Tuesday, January 14, 2014

Walls.

There is a "blue wall of silence" in America that...inhibits police officers from implicating other police officers. The Mafia "inhibits" ratting by more persuasive means. In the investigating that I did into Bian Zhongyun's murder I thought frequently of the police blue wall of silence. I had such a case. An officer fractured the skull of a handcuffed woman with his nightstick. It happened in broad daylight. It happened at the end of a horrific police car chase in which officers were injured and their vehicles damaged. It could not have been a more favorable case for an identification. But no police officer would say who did it. "I was a couple of car lengths away;" "I wasn't looking." In every manner one can imagine, there was a reason why the officers couldn't id. They all could have id'd. It was the blue wall of silence. I knew who did it. But I needed whatcha call "evidence." Never did get it.
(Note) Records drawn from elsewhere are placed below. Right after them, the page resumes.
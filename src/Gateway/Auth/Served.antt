-- ===== src/Gateway/Auth/Served.antt =====
-- Who a request has to be for the gateway to serve it for a device.
use Prim.Native.String.{◌∷◌}
use mathlib.Core.List.{[], ◌∷◌}
use praetor.Base.{
  ◌≡◌, refl, ◌≢◌, ◌↔◌, ◌⊎◌, inl, inr, Bool, true, false, List, String, Option, none, some, eq_iff,
  arith, Bool-cases, trim_space, if◌then◌else◌,
}
use praetor.Gateway.Types.{Config}
use praetor.Gateway.Env.{Env}
use praetor.Gateway.Auth.{
  Route, not_found, method_not_allowed, unauthorized, desired, report, connect, token_device,
  path_parts, dispatch, compute_device_token, has_device_token, authorize, route_parts,
  handle_device,
}
use praetor.Gateway.Auth.Laws.{
  authorize_iff, ne_unauthorized, devices_path, checked_device_is_served,
}

-- The device whose handler is called.
abbrev pub served : Route → Option String
served not_found = none
served method_not_allowed = none
served unauthorized = none
served (desired device) = some device
served (report device) = some device
served (connect device) = some device

dispatch_device :
    (d action method device : String) → served (dispatch d action method) ≡ some device → d ≡ device
unfolding dispatch
dispatch_device d action method device h = ground arith

admitted_device :
    (admitted : Bool) (d action method device : String)
    → served (if admitted then dispatch d action method else unauthorized) ≡ some device
    → (admitted ≡ true) × (d ≡ device)
admitted_device true d action method device h = (refl, dispatch_device d action method device h)
admitted_device false d action method device h = cc

module _ {W : Type 0} (env : Env W) (cfg : Config) where
  -- The token in the header is the one of the device under the configured secret, or the shared token;
  -- or no shared token is configured.
  abbrev pub MaySpeak : (device header : String) → Type 0
  MaySpeak device header =
      ((cfg.auth_secret ≢ "")
        × ((device ≢ "") × (trim_space header ≡ env.hmac_sha256_hex cfg.auth_secret device)))
      ⊎ ((cfg.auth_token ≡ "") ⊎ (trim_space header ≡ cfg.auth_token))

  has_device_token_iff :
      (path header : String)
      → (has_device_token env cfg path header ≡ true) ↔ (
          (cfg.auth_secret ≢ "")
          × ((token_device path ≢ "")
              × (header ≡ env.hmac_sha256_hex cfg.auth_secret (token_device path))))
  unfolding has_device_token compute_device_token
  has_device_token_iff path header = ground (
    arith,
    eq_iff cfg.auth_secret "",
    eq_iff (token_device path) "",
    eq_iff header (env.hmac_sha256_hex cfg.auth_secret (token_device path)),
  )

  speaks_iff :
      (path header : String)
      → (authorize env cfg path header ≡ true) ↔ MaySpeak (token_device path) header
  speaks_iff path header =
      ground
        (arith, authorize_iff env cfg path header, has_device_token_iff path (trim_space header))

  -- The device that is checked and the device that the routing takes are one.
  module _ (s a b device action : String) (rest : List String)
      (parts : path_parts (devices_path s) ≡ a ∷ b ∷ device ∷ action ∷ rest) where
    speaks_for_part :
        (header : String)
        → (authorize env cfg (devices_path s) header ≡ true) ↔ MaySpeak device header
    speaks_for_part header =
        let same = checked_device_is_served s a b device action rest parts in
        rw (← same) (speaks_iff (devices_path s) header)

    -- A request below /v1/devices/ for a device and an action is refused as unauthorised exactly where
    -- a shared token is configured and its header has neither this token nor, under a secret that is
    -- set and for a name that is not empty, the token of this device.
    pub unauthorized_iff :
        (method header : String)
        → (handle_device env cfg (devices_path s) method header ≡ unauthorized)
          ↔ (¬ MaySpeak device header)
    unfolding handle_device route_parts
    unauthorized_iff method header =
        let speaks = speaks_for_part header in
        elim (Bool-cases (authorize env cfg (devices_path s) header)) [
          | inl admitted ↦
              rw (parts, admitted, route_parts)
                (
                  λ e. absurd (ne_unauthorized env cfg device action method e),
                  λ no. absurd (no (speaks.0 admitted)),
                )
          | inr other ↦
              rw (parts, other, route_parts) (λ e may. cc (other, speaks.1 may), λ no. refl)
        ]

  served_part :
      (s : String) (parts : List String) (method header device : String)
      → path_parts (devices_path s) ≡ parts
      → served (route_parts env cfg (devices_path s) method header parts) ≡ some device
      → MaySpeak device header
  unfolding route_parts
  served_part s (a ∷ b ∷ d ∷ action ∷ rest) method header device same h =
      let (admitted, taken) =
        admitted_device (authorize env cfg (devices_path s) header) d action method device h in
      rw (← taken) ((speaks_for_part s a b d action rest same header).0 admitted)
  served_part s [] method header device same h = cc
  served_part s (a ∷ []) method header device same h = cc
  served_part s (a ∷ b ∷ []) method header device same h = cc
  served_part s (a ∷ b ∷ d ∷ []) method header device same h = cc

  -- Whatever follows /v1/devices/ in the path, whatever the method and the header: where the handler of
  -- a device is called, the request may speak for this device. Its header has the token of this very
  -- device, whose name is not empty, under a secret that is set, or the shared token; or no shared token
  -- is configured.
  pub served-MaySpeak :
      (s method header device : String)
      → served (handle_device env cfg (devices_path s) method header) ≡ some device
      → MaySpeak device header
  unfolding handle_device
  served-MaySpeak s method header device h =
      served_part s (path_parts (devices_path s)) method header device refl h
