-- ===== src/Gateway/Desired.antt =====
-- The desired state of a device: `listDeviceProcesses`, `computeDesired`, `hashSpec`, `hashDesired`.
pub mod Order
use praetor.Base.{
  ◌≡◌, Bool, List, [], ◌∷◌, map, String, ◌==◌, select, if◌then◌else◌, text_ltb, join,
}
use praetor.Base.Int.{ℤ}
use praetor.Base.Decimal.{format_int}
use praetor.Api.{DeviceProcess, DeviceProcessSpec}
use praetor.Gateway.Types.{DesiredItem}
use praetor.Gateway.Env.{Env, Act, call, pure, ◌>>=◌}

module _ {W : Type 0} (env : Env W) where
  unfoldable pub hash_spec : DeviceProcessSpec → String
  unfolding join
  hash_spec spec = join ("sha256:" ∷ env.sha256_hex (env.marshal_spec spec) ∷ [])

  -- The field selector of the list call is checked once more.
  unfoldable pub list_device_processes : String → Act W (List DeviceProcess)
  list_device_processes device = do
    items ← call (env.list_processes device)
    pure (select (λ p. p.spec.device_ref.name == device) items)

  unfoldable pub desired_item : DeviceProcess → DesiredItem
  unfolding hash_spec
  desired_item proc = record {
    uid = proc.metadata.uid;
    namespace = proc.metadata.namespace;
    name = proc.metadata.name;
    generation = proc.metadata.generation;
    spec = proc.spec;
    spec_hash = hash_spec proc.spec;
  }

-- The order of `sort.Slice`: by namespace, then by name.
unfoldable pub item_ltb : DesiredItem → DesiredItem → Bool
item_ltb a b =
    if a.namespace == b.namespace then text_ltb a.name b.name else text_ltb a.namespace b.namespace

-- `sort.Slice` leaves open which sorted order it gives to items that the test holds equal; this
-- insertion keeps the later of two such items behind the earlier.
unfoldable pub insert_item : DesiredItem → List DesiredItem → List DesiredItem
insert_item a [] = a ∷ []
insert_item a (b ∷ items) =
    let rest = insert_item a items in if item_ltb b a then b ∷ rest else a ∷ b ∷ items

unfoldable pub sort_items : List DesiredItem → List DesiredItem
unfolding insert_item
sort_items [] = []
sort_items (a ∷ items) = insert_item a (sort_items items)

-- The text that is hashed: namespace/name/generation/hash; for each item.
unfoldable pub item_line : DesiredItem → String
unfolding join
item_line item = join (
    item.namespace
    ∷ "/"
    ∷ item.name
    ∷ "/"
    ∷ format_int item.generation
    ∷ "/"
    ∷ item.spec_hash
    ∷ ";"
    ∷ [])

module _ {W : Type 0} (env : Env W) where
  unfoldable pub hash_desired : List DesiredItem → String
  unfolding item_line join
  hash_desired items = join ("\"" ∷ env.sha256_hex (join (map item_line items)) ∷ "\"" ∷ [])

  -- The items of the response, sorted.
  unfoldable pub desired_items : List DeviceProcess → List DesiredItem
  unfolding desired_item sort_items
  desired_items procs = sort_items (map (desired_item env) procs)
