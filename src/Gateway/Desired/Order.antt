-- ===== src/Gateway/Desired/Order.antt =====
-- The order of the items in the desired state.
use mathlib.Core.List.{Permᴰ}
use mathlib.Core.List.Permᴰ.{refl as perm_refl}
use mathlib.Core.Path.{subst, subst₂, ap₂}
use praetor.Base.{
  ◌≡◌, refl, sym, ap, ◌∙◌, true, false, List, [], ◌∷◌, map, eq_iff, arith, All, Bool-cases, inl,
  inr,
}
use praetor.Base.TextOrder.{text_ltb_asymm, text_ltb_cotrans, text_ltb_connex}
use praetor.Api.{DeviceProcess}
use praetor.Gateway.Types.{DesiredItem}
use praetor.Gateway.Env.{Env}
use praetor.Gateway.Desired.{
  item_ltb, insert_item, sort_items, desired_item, desired_items, hash_desired,
}

-- Two items of different namespaced names.
abbrev Apart : DesiredItem → DesiredItem → Type 0
Apart a b = ¬ ((a.namespace ≡ b.namespace) × (a.name ≡ b.name))

item_ltb_asymm : (a b : DesiredItem) → item_ltb a b ≡ true → item_ltb b a ≡ false
unfolding item_ltb
item_ltb_asymm a b h = ground (
  arith,
  eq_iff a.namespace b.namespace,
  eq_iff b.namespace a.namespace,
  text_ltb_asymm a.name b.name,
  text_ltb_asymm a.namespace b.namespace,
)

item_ltb_cotrans :
    (a b c : DesiredItem) → item_ltb a b ≡ true → item_ltb a c ≡ false → item_ltb c b ≡ true
unfolding item_ltb
item_ltb_cotrans a b c h k = ground (
  arith,
  eq_iff a.namespace b.namespace,
  eq_iff a.namespace c.namespace,
  eq_iff c.namespace b.namespace,
  text_ltb_cotrans a.name b.name c.name,
  text_ltb_cotrans a.namespace b.namespace c.namespace,
  text_ltb_connex a.namespace c.namespace,
  text_ltb_asymm a.namespace c.namespace,
  text_ltb_asymm c.namespace a.namespace,
)

item_ltb_connex : (a b : DesiredItem) → Apart a b → item_ltb a b ≡ false → item_ltb b a ≡ true
unfolding item_ltb
item_ltb_connex a b apart h = ground (
  arith,
  eq_iff a.namespace b.namespace,
  eq_iff b.namespace a.namespace,
  text_ltb_connex a.name b.name,
  text_ltb_connex a.namespace b.namespace,
)

insert_comm_step :
    (a b x : DesiredItem) (xs : List DesiredItem)
    → Apart a b
    → insert_item a (insert_item b xs) ≡ insert_item b (insert_item a xs)
    → insert_item a (insert_item b (x ∷ xs)) ≡ insert_item b (insert_item a (x ∷ xs))
unfolding insert_item
insert_comm_step a b x xs apart ih = ground (
  arith,
  item_ltb_asymm a b,
  item_ltb_asymm b a,
  item_ltb_connex a b apart,
  item_ltb_cotrans x a b,
  item_ltb_cotrans x b a,
  item_ltb_asymm x a,
  item_ltb_asymm x b,
)

insert_comm :
    (a b : DesiredItem) (xs : List DesiredItem)
    → Apart a b
    → insert_item a (insert_item b xs) ≡ insert_item b (insert_item a xs)
unfolding insert_item
insert_comm a b [] apart =
    ground (arith, item_ltb_asymm a b, item_ltb_asymm b a, item_ltb_connex a b apart)
insert_comm a b (x ∷ xs) apart = insert_comm_step a b x xs apart (insert_comm a b xs apart)

abbrev AreApart : List DesiredItem → Type 0
AreApart [] = Unit
AreApart (a ∷ xs) = All (Apart a) xs × AreApart xs

module _ {A : Type 0} (P : A → Type 0) where
  All-perm : {xs ys : List A} → Permᴰ xs ys → All P xs → All P ys
  All-perm Permᴰ.nil h = tt
  All-perm (Permᴰ.cons e p) (h, hs) = (subst P e h, All-perm p hs)
  All-perm (Permᴰ.swap e f) (h, (k, hs)) = (subst P f k, (subst P e h, hs))
  All-perm (Permᴰ.trans p q) h = All-perm q (All-perm p h)

AreApart-perm : {xs ys : List DesiredItem} → Permᴰ xs ys → AreApart xs → AreApart ys
AreApart-perm Permᴰ.nil h = tt
AreApart-perm (Permᴰ.cons {a = a} {l₂ = ys} e p) (h, hs) =
    (subst (λ b. All (Apart b) ys) e (All-perm (Apart a) p h), AreApart-perm p hs)
AreApart-perm (Permᴰ.swap {l = l} e f) ((h, hs), (k, ks)) = (
  (
    subst₂ (λ x y. Apart x y) f e (λ same. h (sym same.0, sym same.1)),
    subst (λ b. All (Apart b) l) f k,
  ),
  (subst (λ b. All (Apart b) l) e hs, ks),
)
AreApart-perm (Permᴰ.trans p q) h = AreApart-perm q (AreApart-perm p h)

sort-perm : {xs ys : List DesiredItem} → Permᴰ xs ys → AreApart xs → sort_items xs ≡ sort_items ys
unfolding sort_items
sort-perm Permᴰ.nil h = refl
sort-perm (Permᴰ.cons e p) (h, hs) = ap₂ insert_item e (sort-perm p hs)
sort-perm (Permᴰ.swap {a = a} {b = b} {l = l} e f) ((h, hs), (k, ks)) =
    insert_comm a b (sort_items l) h ∙ ap₂ (λ x y. insert_item x (insert_item y (sort_items l))) f e
sort-perm (Permᴰ.trans p q) h = sort-perm p h ∙ sort-perm q (AreApart-perm p h)

map-perm : {A B : Type 0} (f : A → B) {xs ys : List A} → Permᴰ xs ys → Permᴰ (map f xs) (map f ys)
map-perm f Permᴰ.nil = Permᴰ.nil
map-perm f (Permᴰ.cons e p) = Permᴰ.cons (ap f e) (map-perm f p)
map-perm f (Permᴰ.swap e g) = Permᴰ.swap (ap f e) (ap f g)
map-perm f (Permᴰ.trans p q) = Permᴰ.trans (map-perm f p) (map-perm f q)

-- No two processes of the list have the same namespace and name.
abbrev pub HaveDistinctNames : List DeviceProcess → Type 0
HaveDistinctNames [] = Unit
HaveDistinctNames (p ∷ ps) =
    All
      (λ q. ¬ ((p.metadata.namespace ≡ q.metadata.namespace) × (p.metadata.name ≡ q.metadata.name)))
      ps
    × HaveDistinctNames ps

-- The items in sorted order: no item stands behind a greater one.
abbrev pub AreSorted : List DesiredItem → Type 0
AreSorted [] = Unit
AreSorted (a ∷ xs) = All (λ b. item_ltb b a ≡ false) xs × AreSorted xs

module _ {W : Type 0} (env : Env W) where
  Apart-of_names :
      (p : DeviceProcess) (ps : List DeviceProcess)
      → All
          (λ q.
            ¬ ((p.metadata.namespace ≡ q.metadata.namespace) × (p.metadata.name ≡ q.metadata.name)))
          ps
      → All (Apart (desired_item env p)) (map (desired_item env) ps)
  unfolding desired_item
  Apart-of_names p [] h = tt
  Apart-of_names p (q ∷ ps) (h, hs) = (h, Apart-of_names p ps hs)

  AreApart-of_names :
      (ps : List DeviceProcess) → HaveDistinctNames ps → AreApart (map (desired_item env) ps)
  AreApart-of_names [] h = tt
  AreApart-of_names (p ∷ ps) (h, hs) = (Apart-of_names p ps h, AreApart-of_names ps hs)

  -- The items and their ETag do not depend on the order in which the processes are listed, where no
  -- two of them share their namespace and name.
  pub desired_order_independent :
      {ps qs : List DeviceProcess}
      → Permᴰ ps qs
      → HaveDistinctNames ps
      → (desired_items env ps ≡ desired_items env qs)
        × (hash_desired env (desired_items env ps) ≡ hash_desired env (desired_items env qs))
  unfolding desired_items
  desired_order_independent {ps} {qs} p h =
      let same : desired_items env ps ≡ desired_items env qs =
        sort-perm (map-perm (desired_item env) p) (AreApart-of_names ps h) in
      (same, ap (hash_desired env) same)

insert-All :
    (P : DesiredItem → Type 0) (a : DesiredItem) (xs : List DesiredItem)
    → P a
    → All P xs
    → All P (insert_item a xs)
unfolding insert_item
insert-All P a [] h hs = (h, tt)
insert-All P a (x ∷ xs) h (k, hs) = elim (Bool-cases (item_ltb x a)) [
  | inl lt ↦ rw (lt, insert_item) (k, insert-All P a xs h hs)
  | inr ge ↦ rw (ge, insert_item) (h, (k, hs))
]

above :
    (a x : DesiredItem) (xs : List DesiredItem)
    → item_ltb x a ≡ false
    → All (λ b. item_ltb b x ≡ false) xs
    → All (λ b. item_ltb b a ≡ false) xs
above a x [] h hs = tt
above a x (b ∷ xs) h (k, hs) = (
  elim (Bool-cases (item_ltb b a)) [ inl lt ↦ cc (item_ltb_cotrans b a x lt k) | inr ge ↦ ge ],
  above a x xs h hs,
)

insert-AreSorted :
    (a : DesiredItem) (xs : List DesiredItem) → AreSorted xs → AreSorted (insert_item a xs)
unfolding insert_item
insert-AreSorted a [] h = (tt, tt)
insert-AreSorted a (x ∷ xs) (h, hs) = elim (Bool-cases (item_ltb x a)) [
  | inl lt ↦
      rw (lt, insert_item)
        (
          insert-All (λ b. item_ltb b x ≡ false) a xs (item_ltb_asymm x a lt) h,
          insert-AreSorted a xs hs,
        )
  | inr ge ↦ rw (ge, insert_item) ((ge, above a x xs ge h), (h, hs))
]

insert-perm : (a : DesiredItem) (xs : List DesiredItem) → Permᴰ (insert_item a xs) (a ∷ xs)
unfolding insert_item
insert-perm a [] = Permᴰ.cons refl Permᴰ.nil
insert-perm a (x ∷ xs) = elim (Bool-cases (item_ltb x a)) [
  | inl lt ↦
      rw (lt, insert_item) (Permᴰ.trans (Permᴰ.cons refl (insert-perm a xs)) (Permᴰ.swap refl refl))
  | inr ge ↦ rw (ge, insert_item) (perm_refl (a ∷ x ∷ xs))
]

-- The items that are answered are sorted, and are the given items in another order.
pub sort_items_sorts :
    (xs : List DesiredItem) → AreSorted (sort_items xs) × Permᴰ (sort_items xs) xs
unfolding sort_items
sort_items_sorts [] = (tt, Permᴰ.nil)
sort_items_sorts (a ∷ xs) =
    let (sorted, perm) = sort_items_sorts xs in
    (
      insert-AreSorted a (sort_items xs) sorted,
      Permᴰ.trans (insert-perm a (sort_items xs)) (Permᴰ.cons refl perm),
    )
Like that police case, the Passion of Bian Zhongyun was witnessed by dozens, perhaps hundreds. Broad daylight, too. Period of hours. Perpetrators known to the witnesses. I have never heard of a murder committed in front of witnesses who had such "theater seats." There are dozens, or hundreds, of girls at that school who saw those who beat Bian Zhongyun to death. Jung Jang told me one time "Everybody in China knows Song Binbin was involved." I honestly do not think she was, not "involved" in the sense of throwing a punch. However I would agree 100% with Ms. Chang if the statement were just slightly different: "Everybody in China knows who did it."

To bring these two strands together, it may be, it may be, that it is easier in these cultures of silence to confess than to "rat." Especially in China where there is no threat of prosecution. My friend Zhou did!  I was able to identify one act of violence that Song Binbin could be held legally responsible for. She led some Red Guards into a house, they were "Smashing the Four Olds," and one of the guys with Song punched the man so hard in the chest that it knocked him down. Song as leader approved and had a "fierce" look on her face. Under those facts Song would be guilty of burglary and held responsible for the punch as a "principal." Maybe Song could admit that.

There is one person I was able to identify in print as having laid a hand on Bian. Maybe Liu Tingting could admit to that.

A thousand confessions, a million, nobody implicating anybody else. Maybe individual Chinese could do that.